In science and in life, we are always dealing with a large amount of uncertainty.  That’s just how it goes. If we waited to be certain in all situations before speaking or acting, we’d never say or do anything. When we do our probabilistic testing of hypotheses, we can expect to make errors periodically.  There are two types of errors that we make, and from which we hope to learn.  

1. TYPE I, OR ALPHA ERROR
   We reject the null hypothesis when it is in reality true. (We accuse our friend of using a loaded coin when our friend was really playing fair.)
   
   The alpha level not only sets the cutoff point at which we will reject the null hypothesis; it also sets the likelihood of committing this type of error.  When we set an alpha level of .05, we are committing ourselves to a 5% chance of rejecting a true null hypothesis, at a p-level of .01 it’s 1%, at .001, it’s .1%.  The lower the alpha level, the less chance of committing this type of error.  But this certainty has a cost.  The lower we set the alpha level, the greater the chance that we will commit a beta error and accept a false null hypothesis.  We sacrifice what we call POWER in order to use a very low alpha level.  This other competing type of error, which we must try to balance out the chance of, is
2. TYPE II, OR BETA ERROR
   We fail to reject the null hypothesis when it is in reality false. (We assume our friend is playing fair when in fact he or she is playing with a loaded coin.)
   
   Beta is the probability of making this type of error. The implication of this type of error is that in our quest to be scrupulous about not accepting a chance or random effect as an actual systematic effect of interest, we ignore a possible effect of interest.

Why all this testing?

We need our test and our significance levels to allow us a sufficient level of power as well as carefully guard against finding effects that aren’t there.  Power is the potential for our research and tests to reject an actually false null hypothesis.  If we set our alpha levels so low that we have little or no chance of doing so, it’s not a good thing.
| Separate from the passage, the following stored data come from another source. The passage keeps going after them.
-- ===== src/Ssl/Failing.antt =====
-- What follows a handshake of SSL::Client that fails.
use cxx_server.Common.{
  ℕ, ◌≡◌, refl, ◌∙◌, Bool, true, false, if_rule, List, [], ◌∷◌, Option, none, some, arith,
}
use cxx_server.Asio.{ErrorCode, Executor}
use cxx_server.Client.{Client, disconnect, clear_buffs, err, call, on_connect, executor, Virtuals}
use cxx_server.Client.Handlers.{set_up, refuse}
use cxx_server.Ssl.Client.{
  SslClient, virtuals, shut_down, ssl_disconnect, ssl_disconnect_async, is_engaged, finish_connect,
  ssl_connect, ssl_connect_async, handshake_handler, handshake_done, shutdown_done, end_handshake,
  end_shutdown, ssl_step,
}
use cxx_server.Ssl.Keeps.{err-Keeps}
use cxx_server.Ssl.Flags.{Flags}

connected_refuses :
    (e shaken : Option ErrorCode) (space : ℕ) (s : SslClient)
    → s.client.connected ≡ true
    → (ssl_connect e space shaken s ≡ (s, false)) × (ssl_connect_async s ≡ (s, false))
unfolding ssl_connect ssl_connect_async
connected_refuses e shaken space s h =
    let busy : is_engaged s ≡ true = ground arith in
    (
      if_rule (λ (r : SslClient × Bool). r ≡ (s, false)) (is_engaged s) _ _ (λ on. refl)
          (λ off. absurd (ground arith)),
      if_rule (λ (r : SslClient × Bool). r ≡ (s, false)) (is_engaged s) _ _ (λ on. refl)
          (λ off. absurd (ground arith)),
    )

refused_connected :
    (e : ErrorCode) (space : ℕ) (s : SslClient)
    → let r =
        finish_connect (some e) (record s { client = call on_connect (set_up space s.client) }) in
      (r.1 ≡ false) × (r.0.client.connected ≡ true)
unfolding finish_connect refuse err set_up
refused_connected e space s = ground arith

failed_connect :
    (e : ErrorCode) (space : ℕ) (s : SslClient)
    → is_engaged s ≡ false
    → let r = ssl_connect none space (some e) s in (r.1 ≡ false) × (r.0.client.connected ≡ true)
unfolding ssl_connect
failed_connect e space s h =
    if_rule (λ (r : SslClient × Bool). (r.1 ≡ false) × (r.0.client.connected ≡ true)) (is_engaged s)
      _ _ (λ busy. absurd (ground arith)) (λ free. refused_connected e space s)

-- A `connect` of a client that is not engaged, whose socket connects and whose handshake fails, returns
-- false and leaves the client connected: any further `connect` or `connectAsync` returns false at once.
pub failed_connect_sticks :
    (e : ErrorCode) (space : ℕ) (e' shaken' : Option ErrorCode) (space' : ℕ) (s : SslClient)
    → is_engaged s ≡ false
    → let r = ssl_connect none space (some e) s in
      (r.1 ≡ false)
      × (r.0.client.connected ≡ true)
      × (ssl_connect e' space' shaken' r.0 ≡ (r.0, false))
      × (ssl_connect_async r.0 ≡ (r.0, false))
failed_connect_sticks e space e' shaken' space' s h =
    let r = ssl_connect none space (some e) s in
    let stays = failed_connect e space s h in
    let refuses = connected_refuses e' shaken' space' r.0 stays.1 in
    (stays.0, stays.1, refuses.0, refuses.1)

-- A connected client that shuts its stream down.
record Stopping (s : SslClient) : Type 0 where
  connected : s.client.connected ≡ true
  connecting : s.client.connecting ≡ false
  handshaking : s.handshaking ≡ false
  shutdown_out : s.client.shutdowns ≡ executor s.client ∷ []

shut_down-Stopping :
    (s : SslClient)
    → s.client.connected ≡ true
    → s.client.connecting ≡ false
    → s.handshaking ≡ false
    → s.client.shutdowns ≡ []
    → Stopping (ssl_disconnect_async true true s).0
unfolding ssl_disconnect_async shut_down
shut_down-Stopping s c n h q = ground arith

err_shutdowns : (v : Virtuals) (e : ErrorCode) (c : Client) → (err v e c).shutdowns ≡ c.shutdowns
unfolding err
err_shutdowns v e c = ground arith

handshake_handler-Stopping :
    (e : ErrorCode) (s : SslClient)
    → s.client.connected ≡ true
    → s.client.connecting ≡ false
    → s.handshaked ≡ false
    → s.client.shutdowns ≡ []
    → Stopping (handshake_handler (some e) s)
unfolding handshake_handler
handshake_handler-Stopping e s c n h q =
    let t : SslClient = record s { handshaking = false } in
    let k = err-Keeps (virtuals t) e t.client in
    if_rule Stopping t.handshaked _ _ (λ done. absurd (ground arith))
      (λ yet.
        shut_down-Stopping (record t { client = err (virtuals t) e t.client }) (k.connected ∙ c)
          (k.connecting ∙ n) refl (err_shutdowns (virtuals t) e t.client ∙ q))

end_handshake-Stopping :
    (e : ErrorCode) (xs : List Executor) (s : SslClient)
    → s.handshakes ≡ xs
    → Flags s
    → s.handshaking ≡ true
    → s.client.shutdowns ≡ []
    → Stopping (end_handshake (some e) xs s)
unfolding end_handshake
end_handshake-Stopping e [] s x i h q = absurd (ground arith)
end_handshake-Stopping e (y ∷ rest) s x i h q =
    handshake_handler-Stopping e (record s { handshakes = rest }) (i.shaking h) (ground arith)
      (ground arith) q

ssl_disconnect_free :
    (s : SslClient)
    → s.client.connected ≡ true
    → s.client.connecting ≡ false
    → s.handshaking ≡ false
    → ((ssl_disconnect s).0.client.connected ≡ false) × (is_engaged (ssl_disconnect s).0 ≡ false)
unfolding ssl_disconnect disconnect clear_buffs
ssl_disconnect_free s c n h = ground arith

end_shutdown_free :
    (xs : List Executor) (s : SslClient)
    → s.client.shutdowns ≡ xs
    → Stopping s
    → ((end_shutdown xs s).client.connected ≡ false) × (is_engaged (end_shutdown xs s) ≡ false)
unfolding end_shutdown
end_shutdown_free [] s q i = absurd (ground arith)
end_shutdown_free (x ∷ rest) s q i = ssl_disconnect_free _ i.connected i.connecting i.handshaking

-- When an asynchronous handshake fails, with no shutdown under way, the stream is shut down, and the end of the
-- shutdown disconnects the client, which may connect again.
pub failed_handshake_disconnects :
    (e : ErrorCode) (s : SslClient)
    → Flags s
    → s.handshaking ≡ true
    → s.client.shutdowns ≡ []
    → let t = ssl_step (handshake_done (some e)) s in
      let u = ssl_step shutdown_done t in (u.client.connected ≡ false) × (is_engaged u ≡ false)
unfolding ssl_step
failed_handshake_disconnects e s i h q =
    end_shutdown_free _ _ refl (end_handshake-Stopping e s.handshakes s refl i h q)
Think of alpha and beta as lying on a graph with a diagonal – as one goes up, the other goes down.  The .05 significance level, in most cases, is regarded as the best compromise level between alpha and beta errors, although significance of results at .01 level is generally more highly prized in the world of research.  Although this is usually a very good thing, let’s say your research results show that the effect you were looking at would have occurred only 2% of the time by chance.  At a an alpha level of .01, you still fail to reject the null hypothesis even though there has been an effect from your treatment.  You probably did not allow yourself sufficient power in setting the alpha level.  You commit a beta error.

The alpha level, along with the number of subjects, is used in conjunction with statistical tables in order to set a "critical" value for our statistic ("t" for t tests and "F" for ANOVA.) If our testing procedure yields a t or F value higher than the critical value, we can reject the null.  If our obtained t or F (obtained from the test) does not exceed the critical, we FAIL TO REJECT the null (by custom we do not "Accept" because nothing has been proven and a future research study may not replicate our non-significant results. Because of the reciprocal nature of these types of error, we need to carefully consider the consequences of each before we set our alpha level.